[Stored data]
-- ===== src/PdlInterpreter/Committed.antt =====
-- What the interpreter remembers of WRITE instruments (src/warptap/pdl_interpreter.py).
use warptap.Base.{
  ℕ, if◌then◌else◌, Bool, true, false, List, some, String, same_name, ok, ◌≡◌, refl, sym, ap, ◌∙◌,
}
use warptap.Base.Dicts.{
  lookup, assign, lookup-assign, lookup-assign_other, lookup-remove, lookup-remove_other,
}
use warptap.TapIr.{IrOp}
use warptap.IclModel.{Chain}
use warptap.IclModel.Address.{ModuleInstance, name_of}
use warptap.SibLayout.{OpenSet}
use warptap.PdlInterpreter.State.{PdlInterpreter}
use warptap.PdlInterpreter.Phases.{is_write_target, payload_for, take_pending}
use warptap.PdlInterpreter.Payload.{payload_for-due}
use warptap.PdlInterpreter.Returned.{i_apply-ok}
use warptap.PdlInterpreter.{i_apply}

assigned_other :
    (w : Bool) (d : List (String × ℕ)) (name other : String) (payload : ℕ)
    → same_name name other ≡ false
    → lookup (if w then assign d name payload else d) other ≡ lookup d other
assigned_other true d name other payload h = lookup-assign_other d name other payload h
assigned_other false d name other payload h = refl

-- What a later `iApply` would deliver, after the assignments between the two phases.
module _ (graph : Chain) (name : String) (opened : OpenSet) (payload : ℕ) (p : PdlInterpreter) where
  take_pending-payload :
      is_write_target graph name ≡ true
      → payload_for graph (take_pending graph name opened payload p) name ≡ payload
  unfolding take_pending
  take_pending-payload w =
      payload_for-due graph (take_pending graph name opened payload p) name
      ∙ rw (w, lookup-remove p.pending_writes name, lookup-assign p.committed_writes name payload)
          refl

  take_pending-other :
      (other : String)
      → same_name name other ≡ false
      → payload_for graph (take_pending graph name opened payload p) other
        ≡ payload_for graph p other
  unfolding take_pending
  take_pending-other other h =
      payload_for-due graph (take_pending graph name opened payload p) other
      ∙ rw
          (
            lookup-remove_other p.pending_writes name other h,
            assigned_other (is_write_target graph name) p.committed_writes name other payload h,
          )
          (sym (payload_for-due graph p other))

-- After an `iApply` for a WRITE instrument has returned, the next one, if no write comes in between,
-- delivers to it the value that this one delivered; and the value that an `iApply` delivers to any
-- other instrument is what it was.
pub i_apply-payload :
    (graph : Chain) (p : PdlInterpreter) (node : ModuleInstance) (ops : List IrOp)
    → p.scope ≡ some node
    → is_write_target graph (name_of node) ≡ true
    → (i_apply graph p).0 ≡ ok ops
    → (payload_for graph (i_apply graph p).1 (name_of node) ≡ payload_for graph p (name_of node))
      × ((other : String)
          → same_name (name_of node) other ≡ false
          → payload_for graph (i_apply graph p).1 other ≡ payload_for graph p other)
unfolding payload_for
i_apply-payload graph p node ops set w returned =
    let (opened, all, some_scans, e) = i_apply-ok graph p node ops set returned in
    let name = name_of node in
    let payload = payload_for graph p name in
    (
      ap (λ r. payload_for graph r.1 name) e ∙ take_pending-payload graph name opened payload p w,
      λ other h.
          ap (λ r. payload_for graph r.1 other) e
          ∙ take_pending-other graph name opened payload p other h,
    )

→ AIM OF THE EXERCISE
Restate word for word the lines above, beginning at the first one and ending at the line that carries "is_write_target graph name ≡ true".

→ TASK SOLUTION
-- ===== src/PdlInterpreter/Committed.antt =====
-- What the interpreter remembers of WRITE instruments (src/warptap/pdl_interpreter.py).
use warptap.Base.{
  ℕ, if◌then◌else◌, Bool, true, false, List, some, String, same_name, ok, ◌≡◌, refl, sym, ap, ◌∙◌,
}
use warptap.Base.Dicts.{
  lookup, assign, lookup-assign, lookup-assign_other, lookup-remove, lookup-remove_other,
}
use warptap.TapIr.{IrOp}
use warptap.IclModel.{Chain}
use warptap.IclModel.Address.{ModuleInstance, name_of}
use warptap.SibLayout.{OpenSet}
use warptap.PdlInterpreter.State.{PdlInterpreter}
use warptap.PdlInterpreter.Phases.{is_write_target, payload_for, take_pending}
use warptap.PdlInterpreter.Payload.{payload_for-due}
use warptap.PdlInterpreter.Returned.{i_apply-ok}
use warptap.PdlInterpreter.{i_apply}

assigned_other :
    (w : Bool) (d : List (String × ℕ)) (name other : String) (payload : ℕ)
    → same_name name other ≡ false
    → lookup (if w then assign d name payload else d) other ≡ lookup d other
assigned_other true d name other payload h = lookup-assign_other d name other payload h
assigned_other false d name other payload h = refl

-- What a later `iApply` would deliver, after the assignments between the two phases.
module _ (graph : Chain) (name : String) (opened : OpenSet) (payload : ℕ) (p : PdlInterpreter) where
  take_pending-payload :
      is_write_target graph name ≡ true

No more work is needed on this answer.